* **What to do**: Output all the entries below. Each must match exactly.

* **Extracted entries**:
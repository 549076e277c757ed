-- ===== src/Keypool/Types/Spending.antt =====
-- The spend that a key holds against its budget, over the periods of the budget.
use keypooler.Base.{
  subst, sym, true, false, ◌≢◌, ℕ, ◌≤◌, ◌<◌, ◌≡◌, ap, ◌∙◌, some, arith, ◌==◌, if◌then◌else◌,
}
use keypooler.Base.Int.{pos}
use keypooler.Float64.{Float64, zero_f, flt}
use keypooler.Time.Calendar.Months.{second_month}
use keypooler.Db.{Budget}
use keypooler.Keypool.Budget.{period_start, next_reset}
use keypooler.Keypool.Budget.Periods.{period_start-Cuts}
use keypooler.Keypool.Types.{PoolKey, spent_in, spent_now, hold_spent, under, within_budget}

hold_spent-start :
    (k : PoolKey) (spent : Float64) (start : ℕ)
    → (hold_spent k spent start).spent_period_start ≡ some start
unfolding hold_spent
hold_spent-start k spent start = ground arith

hold_spent-budget :
    (k : PoolKey) (spent : Float64) (start : ℕ) → (hold_spent k spent start).budget ≡ k.budget
unfolding hold_spent
hold_spent-budget k spent start = ground arith

spent_now_lem :
    (k : PoolKey) (b : Budget) (start t : ℕ)
    → k.budget ≡ some b
    → k.spent_period_start ≡ some start
    → spent_now k t ≡ (if start == period_start b t then k.spent else zero_f)
unfolding spent_now
spent_now_lem k b start t has at = λ i. spent_in (has i) (at i) k.spent t

-- What a key with budget `b` says at `t`, by the period that its spend was held in.
module _ (k : PoolKey) (b : Budget) (start : ℕ) (has : k.budget ≡ some b)
    (held : k.spent_period_start ≡ some start) where
  spent_within : (t : ℕ) → period_start b t ≡ start → spent_now k t ≡ k.spent
  spent_within t e = spent_now_lem k b start t has held ∙ ground (arith, e)

  spent_past : (t : ℕ) → start < period_start b t → spent_now k t ≡ zero_f
  spent_past t h = spent_now_lem k b start t has held ∙ ground arith

  within_budget_lem : (t : ℕ) → within_budget k t ≡ flt (spent_now k t) b.amount
  unfolding within_budget
  within_budget_lem t = ap (λ o. under o (spent_now k t)) has

-- What a key holds in the period from `start` on, after a report of `spent`: a lower report of the period that the
-- key already holds is passed over.
pub record Holds (k : PoolKey) (spent : Float64) (start : ℕ) (amount : Float64) : Type 0 where
  pub lower : k.spent_period_start ≡ some start → flt spent k.spent ≡ true → amount ≡ k.spent
  pub higher : k.spent_period_start ≡ some start → flt spent k.spent ≡ false → amount ≡ spent
  pub begins : k.spent_period_start ≢ some start → amount ≡ spent

hold_spent-Holds :
    (k : PoolKey) (spent : Float64) (start : ℕ)
    → Holds k spent start (hold_spent k spent start).spent
unfolding hold_spent
hold_spent-Holds k spent start = record {
  lower = λ e h. ground (arith, e, h);
  higher = λ e h. ground (arith, e, h);
  begins = λ e. ground (arith, e);
}

-- A spend that is held in the period of `now`, at the instant `t`: until the next reset the key counts the spend that was
-- reported, or what it already held in that period if that is more, and is within budget just if what it counts is below
-- the amount; from the next reset on it counts
-- nothing, and is within budget if the amount is above 0. For a reset day from 1 to 28, and `now` after January
-- of year 1.
pub hold_spent-periods :
    (k : PoolKey) (b : Budget) (d now : ℕ) (spent : Float64)
    → k.budget ≡ some b
    → b.reset_day ≡ some (pos d)
    → 1 ≤ d
    → d ≤ 28
    → second_month ≤ now
    → let k' = hold_spent k spent (period_start b now) in
      (next : ℕ) × (next_reset b now ≡ some next)
      × ((t : ℕ)
          → now ≤ t
          → t < next
          → Holds k spent (period_start b now) (spent_now k' t)
            × (within_budget k' t ≡ flt (spent_now k' t) b.amount))
      × ((t : ℕ)
          → next ≤ t
          → (spent_now k' t ≡ zero_f) × (within_budget k' t ≡ flt zero_f b.amount))
hold_spent-periods k b d now spent has monthly low high h =
    let (next, cuts) = period_start-Cuts b d now monthly low high h in
    (
      next,
      cuts.reset,
      (λ t from to.
          let e =
            spent_within k' b start has' held t
              (cuts.same t (omega arith) (omega (arith, cuts.started)) to) in
          (
            subst (Holds k spent start) (sym e) (hold_spent-Holds k spent start),
            within_budget_lem k' b start has' held t,
          )),
      (λ t from.
          let e = spent_past k' b start has' held t (
            omega (arith, cuts.started, cuts.ends, cuts.later t (omega (arith, cuts.ends)) from)) in
          (e, within_budget_lem k' b start has' held t ∙ ap (λ x. flt x b.amount) e)),
    )
  where
    start : ℕ
    start = period_start b now

    k' : PoolKey
    k' = hold_spent k spent (period_start b now)

    has' : k'.budget ≡ some b
    has' = hold_spent-budget k spent start ∙ has

    held : k'.spent_period_start ≡ some start
    held = hold_spent-start k spent start
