-- ===== src/Keypool/Manager/Fuel.antt =====
-- The second loop of `GetKeyForFeature` ends by itself: the fuel that it is given is enough.
use keypooler.Base.{
  ℕ, zero, suc, ◌+◌, ◌%◌, ◌≤◌, ◌<◌, ◌≡◌, refl, String, Option, none, some, List, [], ◌∷◌, arith,
  length, get_elem?, erase_idx, length-erase_idx,
}
use keypooler.Keypool.Manager.{Manager, attempt, draw}

-- Two continuations that agree wherever there is a value.
same_elim {ℓ} :
    {A B : Type ℓ} (o : Option A) (b : B) (f g : A → B)
    → ((a : A) → o ≡ some a → f a ≡ g a)
    → (elim o [ none ↦ b | some a ↦ f a ]) ≡ (elim o [ none ↦ b | some a ↦ g a ])
same_elim none b f g h = refl
same_elim (some a) b f g h = h a refl

same_else {ℓ} :
    {A B : Type ℓ} (o : Option A) (f : A → B) (x y : B)
    → x ≡ y
    → (elim o [ some a ↦ f a | none ↦ x ]) ≡ (elim o [ some a ↦ f a | none ↦ y ])
same_else none f x y h = h
same_else (some a) f x y h = refl

held_index {ℓ} :
    {A : Type ℓ} (xs : List A) (i : ℕ) (a : A) → get_elem? xs i ≡ some a → i < length xs
held_index [] i a e = cc
held_index (x ∷ xs) zero a e = omega arith
held_index (x ∷ xs) (suc i) a e = omega (arith, held_index xs i a e)

fewer_left :
    (left : List ℕ) (i p f : ℕ)
    → get_elem? left i ≡ some p
    → length left ≤ suc f
    → length (erase_idx left i) ≤ f
fewer_left left i p f e h = omega (arith, length-erase_idx left i (held_index left i p e))

-- Whatever fuel from the number of candidates on the loop is given, it does the same: no run is cut short.
pub draw_fuel :
    (f g : ℕ) (m : Manager) (feature : String) (clock : ℕ → ℕ) (n : ℕ) (left : List ℕ)
    → length left ≤ f
    → length left ≤ g
    → draw f m feature clock n left ≡ draw g m feature clock n left
unfolding draw
draw_fuel zero zero m feature clock n left h k = refl
draw_fuel zero (suc g) m feature clock n [] h k = refl
draw_fuel zero (suc g) m feature clock n (p ∷ left) h k = absurd (omega arith)
draw_fuel (suc f) zero m feature clock n [] h k = refl
draw_fuel (suc f) zero m feature clock n (p ∷ left) h k = absurd (omega arith)
draw_fuel (suc f) (suc g) m feature clock n left h k =
    same_elim (get_elem? left (m.next % length left)) _ _ _ (λ p e.
      same_elim (get_elem? m.keys p) _ _ _ (λ key held.
        same_else (attempt key feature (clock n) (clock (n + 1))).1 _ _ _ (
          draw_fuel f g _ feature clock (n + 2) (erase_idx left (m.next % length left))
            (fewer_left left (m.next % length left) p f e h)
            (fewer_left left (m.next % length left) p g e k))))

* **Task solution**:
repository 549076e277c757ed
-- ===== src/Keypool/Types/Spending.antt =====
-- The spend that a key holds against its budget, over the periods of the budget.
use keypooler.Base.{
  subst, sym, true, false, ◌≢◌, ℕ, ◌≤◌, ◌<◌, ◌≡◌, ap, ◌∙◌, some, arith, ◌==◌, if◌then◌else◌,
}
use keypooler.Base.Int.{pos}
use keypooler.Float64.{Float64, zero_f, flt}
use keypooler.Time.Calendar.Months.{second_month}
use keypooler.Db.{Budget}
use keypooler.Keypool.Budget.{period_start, next_reset}
use keypooler.Keypool.Budget.Periods.{period_start-Cuts}
use keypooler.Keypool.Types.{PoolKey, spent_in, spent_now, hold_spent, under, within_budget}

hold_spent-start :
    (k : PoolKey) (spent : Float64) (start : ℕ)
    → (hold_spent k spent start).spent_period_start ≡ some start
unfolding hold_spent
hold_spent-start k spent start = ground arith

hold_spent-budget :
    (k : PoolKey) (spent : Float64) (start : ℕ) → (hold_spent k spent start).budget ≡ k.budget
unfolding hold_spent
hold_spent-budget k spent start = ground arith

spent_now_lem :
    (k : PoolKey) (b : Budget) (start t : ℕ)
    → k.budget ≡ some b
    → k.spent_period_start ≡ some start
    → spent_now k t ≡ (if start == period_start b t then k.spent else zero_f)
unfolding spent_now
spent_now_lem k b start t has at = λ i. spent_in (has i) (at i) k.spent t

-- What a key with budget `b` says at `t`, by the period that its spend was held in.
module _ (k : PoolKey) (b : Budget) (start : ℕ) (has : k.budget ≡ some b)
    (held : k.spent_period_start ≡ some start) where
  spent_within : (t : ℕ) → period_start b t ≡ start → spent_now k t ≡ k.spent
  spent_within t e = spent_now_lem k b start t has held ∙ ground (arith, e)

  spent_past : (t : ℕ) → start < period_start b t → spent_now k t ≡ zero_f
  spent_past t h = spent_now_lem k b start t has held ∙ ground arith

  within_budget_lem : (t : ℕ) → within_budget k t ≡ flt (spent_now k t) b.amount
  unfolding within_budget
  within_budget_lem t = ap (λ o. under o (spent_now k t)) has

-- What a key holds in the period from `start` on, after a report of `spent`: a lower report of the period that the
-- key already holds is passed over.
pub record Holds (k : PoolKey) (spent : Float64) (start : ℕ) (amount : Float64) : Type 0 where
  pub lower : k.spent_period_start ≡ some start → flt spent k.spent ≡ true → amount ≡ k.spent
  pub higher : k.spent_period_start ≡ some start → flt spent k.spent ≡ false → amount ≡ spent
  pub begins : k.spent_period_start ≢ some start → amount ≡ spent

hold_spent-Holds :
    (k : PoolKey) (spent : Float64) (start : ℕ)
    → Holds k spent start (hold_spent k spent start).spent
unfolding hold_spent
hold_spent-Holds k spent start = record {
  lower = λ e h. ground (arith, e, h);
  higher = λ e h. ground (arith, e, h);
  begins = λ e. ground (arith, e);
}

-- A spend that is held in the period of `now`, at the instant `t`: until the next reset the key counts the spend that was
-- reported, or what it already held in that period if that is more, and is within budget just if what it counts is below
-- the amount; from the next reset on it counts
-- nothing, and is within budget if the amount is above 0. For a reset day from 1 to 28, and `now` after January
-- of year 1.
pub hold_spent-periods :
    (k : PoolKey) (b : Budget) (d now : ℕ) (spent : Float64)
    → k.budget ≡ some b
    → b.reset_day ≡ some (pos d)
    → 1 ≤ d
    → d ≤ 28
    → second_month ≤ now
    → let k' = hold_spent k spent (period_start b now) in
      (next : ℕ) × (next_reset b now ≡ some next)
      × ((t : ℕ)
          → now ≤ t
          → t < next
          → Holds k spent (period_start b now) (spent_now k' t)
            × (within_budget k' t ≡ flt (spent_now k' t) b.amount))
      × ((t : ℕ)
          → next ≤ t
          → (spent_now k' t ≡ zero_f) × (within_budget k' t ≡ flt zero_f b.amount))
hold_spent-periods k b d now spent has monthly low high h =
    let (next, cuts) = period_start-Cuts b d now monthly low high h in
    (
      next,
      cuts.reset,
      (λ t from to.
          let e =
            spent_within k' b start has' held t
              (cuts.same t (omega arith) (omega (arith, cuts.started)) to) in
          (
            subst (Holds k spent start) (sym e) (hold_spent-Holds k spent start),
            within_budget_lem k' b start has' held t,
          )),
      (λ t from.
          let e = spent_past k' b start has' held t (
            omega (arith, cuts.started, cuts.ends, cuts.later t (omega (arith, cuts.ends)) from)) in
          (e, within_budget_lem k' b start has' held t ∙ ap (λ x. flt x b.amount) e)),
    )
  where
    start : ℕ
    start = period_start b now

    k' : PoolKey
    k' = hold_spent k spent (period_start b now)

    has' : k'.budget ≡ some b
    has' = hold_spent-budget k spent start ∙ has

    held : k'.spent_period_start ≡ some start
    held = hold_spent-start k spent start
-- ===== src/Keypool/Manager/Fuel.antt =====
-- The second loop of `GetKeyForFeature` ends by itself: the fuel that it is given is enough.
use keypooler.Base.{
  ℕ, zero, suc, ◌+◌, ◌%◌, ◌≤◌, ◌<◌, ◌≡◌, refl, String, Option, none, some, List, [], ◌∷◌, arith,
  length, get_elem?, erase_idx, length-erase_idx,
}
use keypooler.Keypool.Manager.{Manager, attempt, draw}

-- Two continuations that agree wherever there is a value.
same_elim {ℓ} :
    {A B : Type ℓ} (o : Option A) (b : B) (f g : A → B)
    → ((a : A) → o ≡ some a → f a ≡ g a)
    → (elim o [ none ↦ b | some a ↦ f a ]) ≡ (elim o [ none ↦ b | some a ↦ g a ])
same_elim none b f g h = refl
same_elim (some a) b f g h = h a refl

same_else {ℓ} :
    {A B : Type ℓ} (o : Option A) (f : A → B) (x y : B)
    → x ≡ y
    → (elim o [ some a ↦ f a | none ↦ x ]) ≡ (elim o [ some a ↦ f a | none ↦ y ])
same_else none f x y h = h
same_else (some a) f x y h = refl

held_index {ℓ} :
    {A : Type ℓ} (xs : List A) (i : ℕ) (a : A) → get_elem? xs i ≡ some a → i < length xs
held_index [] i a e = cc
held_index (x ∷ xs) zero a e = omega arith
held_index (x ∷ xs) (suc i) a e = omega (arith, held_index xs i a e)

fewer_left :
    (left : List ℕ) (i p f : ℕ)
    → get_elem? left i ≡ some p
    → length left ≤ suc f
    → length (erase_idx left i) ≤ f
fewer_left left i p f e h = omega (arith, length-erase_idx left i (held_index left i p e))

-- Whatever fuel from the number of candidates on the loop is given, it does the same: no run is cut short.
pub draw_fuel :
    (f g : ℕ) (m : Manager) (feature : String) (clock : ℕ → ℕ) (n : ℕ) (left : List ℕ)
    → length left ≤ f
    → length left ≤ g
    → draw f m feature clock n left ≡ draw g m feature clock n left
unfolding draw
draw_fuel zero zero m feature clock n left h k = refl
draw_fuel zero (suc g) m feature clock n [] h k = refl
draw_fuel zero (suc g) m feature clock n (p ∷ left) h k = absurd (omega arith)
draw_fuel (suc f) zero m feature clock n [] h k = refl
draw_fuel (suc f) zero m feature clock n (p ∷ left) h k = absurd (omega arith)
draw_fuel (suc f) (suc g) m feature clock n left h k =
    same_elim (get_elem? left (m.next % length left)) _ _ _ (λ p e.
      same_elim (get_elem? m.keys p) _ _ _ (λ key held.
        same_else (attempt key feature (clock n) (clock (n + 1))).1 _ _ _ (
          draw_fuel f g _ feature clock (n + 2) (erase_idx left (m.next % length left))
            (fewer_left left (m.next % length left) p f e h)
            (fewer_left left (m.next % length left) p g e k))))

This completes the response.